*EXERCISE DIRECTIONS:* Repeat exactly the lines from the first line of the records through the line containing "only_client backend credential = elim", and nothing more.

*Saved data entries:*
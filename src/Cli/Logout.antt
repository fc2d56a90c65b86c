-- ===== src/Cli/Logout.antt =====
-- crates/edison-stdiod/src/cli/logout.rs: the saved login is removed before it is revoked.
pub mod Offline
use stdiod.Base.{String, Bool, Option, none, some, List, [], ◌∷◌, Result, ok, err, if◌then◌else◌}
use stdiod.Config.{
  PersistedConfig, FileRead, CredentialRef, client_access_token, legacy_api_key, load_from,
  usable_credential, clear_authentication,
}
use stdiod.Config.Backend.{Url}
use stdiod.Http.{Request}
use stdiod.Cli.Login.{Login, failed, config, not_saved, revoke_previous}

abbrev pub only_client : String → CredentialRef → Option (String × String)
only_client backend credential = elim credential.kind [
  | client_access_token ↦ some (backend, credential.token)
  | legacy_api_key ↦ none
]

abbrev pub capture_of : Option String → Option CredentialRef → Option (String × String)
capture_of none credential = none
capture_of (some backend) none = none
capture_of (some backend) (some credential) = only_client backend credential

-- The backend and the token to revoke; an API key is not revoked.
unfoldable pub capture_revocation : PersistedConfig → Option (String × String)
capture_revocation c = capture_of c.backend_url (usable_credential c)

-- `run`: a failure to save ends the command before anything is sent.
unfoldable pub run : (String → Option Url) → String → FileRead → (save_fails : Bool) → Login
run parse path file save_fails = elim (load_from path file) [
  | err e ↦ failed [] (config e)
  | ok c ↦ if save_fails then failed [] not_saved else record {
    saved = some (clear_authentication c);
    opened = [];
    revocations = revoke_previous parse (capture_revocation c);
    result = ok tt;
  }
]
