-- ===== src/Cli/Logout/Offline.antt =====
-- What a logout leaves for the daemon, and what it sends.
use stdiod.Base.{
  String, Bool, false, ◌≡◌, ◌≢◌, bind-inv, map_err-inv, ok_inj, some_inj, sym, ap, ◌∙◌, map_err,
  is_some, refl, ◌⊎◌, inl, inr, Option, none, some, [], ◌∷◌, ok, Option-cases, Result-cases,
  Bool-cases, ◌>>◌,
}
use stdiod.Config.{
  Resolved, resolved_credential, has_issuer_bound_values, PersistedConfig, FileRead, Machine,
  load_from, usable_credential, choose_credential, nonempty, nonempty-inv, CredentialRef,
  CredentialKind, clear_authentication, client_access_token, legacy_api_key,
}
use stdiod.Config.Backend.{Url}
use stdiod.Config.Merge.{
  merge_with, merge_checked, merge_saved, saved_backend, check_backend, check_device, normalize_opt,
  merge,
}
use stdiod.DaemonAuth.{from_args, ResolvedRun, RunArgs, overrides, invalid, from_merged}
use stdiod.Http.{Request}
use stdiod.Auth
use stdiod.Cli.Login.{revoke_previous}
use stdiod.Cli.Logout.{run, capture_of, capture_revocation}

-- The only revocation that a logout sends is for the client token of the configuration, at its backend.
abbrev pub IsOwn : (String → Option Url) → PersistedConfig → Request → Type 0
IsOwn parse c r =
    (backend : String) × (base : String) × (token : String) × (c.backend_url ≡ some backend)
    × (Auth.new parse backend ≡ ok base)
    × (c.client_access_token ≡ some token)
    × (r ≡ Auth.post base "/api/v1/auth/device/revoke" (some token) none)

-- Without a credential there is nothing to connect with.
merged_offline :
    (machine : Machine) (c : PersistedConfig) (args : RunArgs) (a b : Option String)
    (r : ResolvedRun)
    → from_merged machine (merge_saved (clear_authentication c) (overrides args) a b) ≢ ok r
unfolding from_merged merge_saved clear_authentication resolved_credential choose_credential
    nonempty
merged_offline machine c args a b r e = cc

merge_with-saved :
    (parse : String → Option Url) (c : PersistedConfig) (given m : Resolved)
    → merge_with parse false c given ≡ ok m
    → (a : Option String) × (b : Option String) × (m ≡ merge_saved c given a b)
unfolding merge_with merge_checked
merge_with-saved parse c given m e =
    let (a, _, f) = bind-inv (normalize_opt parse given.backend_url) _ m e in
    let (b, _, g) = bind-inv (saved_backend parse false a c.backend_url) _ m f in
    let checks = check_backend a b (has_issuer_bound_values c) >> check_device c given.device_id in
    let (_, _, h) = bind-inv checks _ m g in (a, b, sym (ok_inj h))

-- A client token that is chosen is the one of the configuration.
usable_credential-token :
    (c : PersistedConfig) (credential : CredentialRef)
    → usable_credential c ≡ some credential
    → credential.kind ≡ client_access_token
    → c.client_access_token ≡ some credential.token
unfolding usable_credential choose_credential
usable_credential-token c credential e client =
    elim (Option-cases (nonempty c.client_access_token)) [
      | inr (t, f) ↦ nonempty-inv c.client_access_token credential.token (let e' = rw f at e in cc)
      | inl f ↦ elim (Option-cases (nonempty c.api_key)) [
        | inl g ↦ absurd (let e' = rw (f, g) at e in cc)
        | inr (k, g) ↦ absurd (let e' = rw (f, g) at e in cc)
      ]
    ]

kind-cases : (k : CredentialKind) → (k ≡ client_access_token) ⊎ (k ≡ legacy_api_key)
kind-cases client_access_token = inl refl
kind-cases legacy_api_key = inr refl

-- What is sent for a captured revocation.
capture-IsOwn :
    (parse : String → Option Url) (backend : Option String) (credential : Option CredentialRef)
    → let sent = revoke_previous parse (capture_of backend credential) in
      (sent ≡ [])
      ⊎ (r : Request) × (sent ≡ r ∷ [])
        × (b : String) × (base : String) × (cr : CredentialRef) × (backend ≡ some b)
        × (Auth.new parse b ≡ ok base)
        × (credential ≡ some cr)
        × (cr.kind ≡ client_access_token)
        × (r ≡ Auth.post base "/api/v1/auth/device/revoke" (some cr.token) none)
unfolding revoke_previous
capture-IsOwn parse none credential = inl refl
capture-IsOwn parse (some b) none = inl refl
capture-IsOwn parse (some b) (some cr) = elim (kind-cases cr.kind) [
  | inr legacy ↦ rw legacy (inl refl)
  | inl client ↦ elim (Result-cases (Auth.new parse b)) [
    | inr (e, bad) ↦ rw (client, bad, revoke_previous) (inl refl)
    | inl (base, fine) ↦
        rw (client, fine, revoke_previous) (inr (_, refl, b, base, _, refl, fine, refl, refl, refl))
  ]
]

module _ (parse : String → Option Url) (path : String) (file : FileRead) (save_fails : Bool) where
  run-saved :
      (after : PersistedConfig)
      → (run parse path file save_fails).saved ≡ some after
      → (c : PersistedConfig) × (after ≡ clear_authentication c)
  unfolding run
  run-saved after e = elim (Result-cases (load_from path file)) [
    | inr (x, bad) ↦ absurd (let e' = rw (bad, run) at e in cc)
    | inl (c, loads) ↦ elim (Bool-cases save_fails) [
      | inl f ↦ absurd (let e' = rw (loads, f, run) at e in cc)
      | inr f ↦ (c, sym (some_inj (rw (loads, f, run) at e)))
    ]
  ]

  -- After a logout that succeeded, the daemon does not resolve connection values from the saved
  -- configuration on any machine, whatever its arguments are, unless they have an API key.
  pub run-from_args :
      (after : PersistedConfig) (machine : Machine) (args : RunArgs) (r : ResolvedRun)
      → (run parse path file save_fails).saved ≡ some after
      → args.api_key ≡ none
      → from_args parse machine (ok after) args ≢ ok r
  unfolding from_args merge
  run-from_args after machine args r saved keyless e =
      let (c, cleared) = run-saved after saved in
      let e' : from_args parse machine (ok (clear_authentication c)) args ≡ ok r =
        sym (ap (λ x. from_args parse machine (ok x) args) cleared) ∙ e in
      let (m, merges, starts) =
        bind-inv (map_err invalid (merge parse (clear_authentication c) (overrides args))) _ r e' in
      let keyless? : merge_with parse false (clear_authentication c) (overrides args) ≡ ok m =
        ap (λ k. merge_with parse (is_some k) (clear_authentication c) (overrides args))
          (sym keyless)
        ∙ map_err-inv _ _ m merges in
      let (a, b, same) = merge_with-saved parse _ _ m keyless? in
      merged_offline machine c args a b r (ap (from_merged machine) (sym same) ∙ starts)

  -- A logout sends at most one revocation, and only when the cleared configuration was saved: for the
  -- client token that was saved, at the backend it was saved with.
  pub run-IsOwn :
      (c : PersistedConfig)
      → load_from path file ≡ ok c
      → let l = run parse path file save_fails in
        (l.revocations ≡ [])
        ⊎ ((l.result ≡ ok tt) × (r : Request) × (l.revocations ≡ r ∷ []) × IsOwn parse c r)
  unfolding run capture_revocation
  run-IsOwn c loads = elim (Bool-cases save_fails) [
    | inl f ↦ rw (loads, f, run) (inl refl)
    | inr f ↦
        rw (loads, f, run)
          elim (capture-IsOwn parse c.backend_url (usable_credential c)) [
            | inl nothing ↦ inl nothing
            | inr (r, sent, b, base, cr, saved, known, chosen, client, is) ↦ inr (
              refl,
              r,
              sent,
              (b, base, cr.token, saved, known, usable_credential-token c cr chosen client, is),
            )
          ]
  ]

*EXERCISE RESPONSE:*
filename src/Cli/Logout.antt
repository fc2d56a90c65b86c
-- ===== src/Cli/Logout.antt =====
-- crates/edison-stdiod/src/cli/logout.rs: the saved login is removed before it is revoked.
pub mod Offline
use stdiod.Base.{String, Bool, Option, none, some, List, [], ◌∷◌, Result, ok, err, if◌then◌else◌}
use stdiod.Config.{
  PersistedConfig, FileRead, CredentialRef, client_access_token, legacy_api_key, load_from,
  usable_credential, clear_authentication,
}
use stdiod.Config.Backend.{Url}
use stdiod.Http.{Request}
use stdiod.Cli.Login.{Login, failed, config, not_saved, revoke_previous}

abbrev pub only_client : String → CredentialRef → Option (String × String)
only_client backend credential = elim credential.kind [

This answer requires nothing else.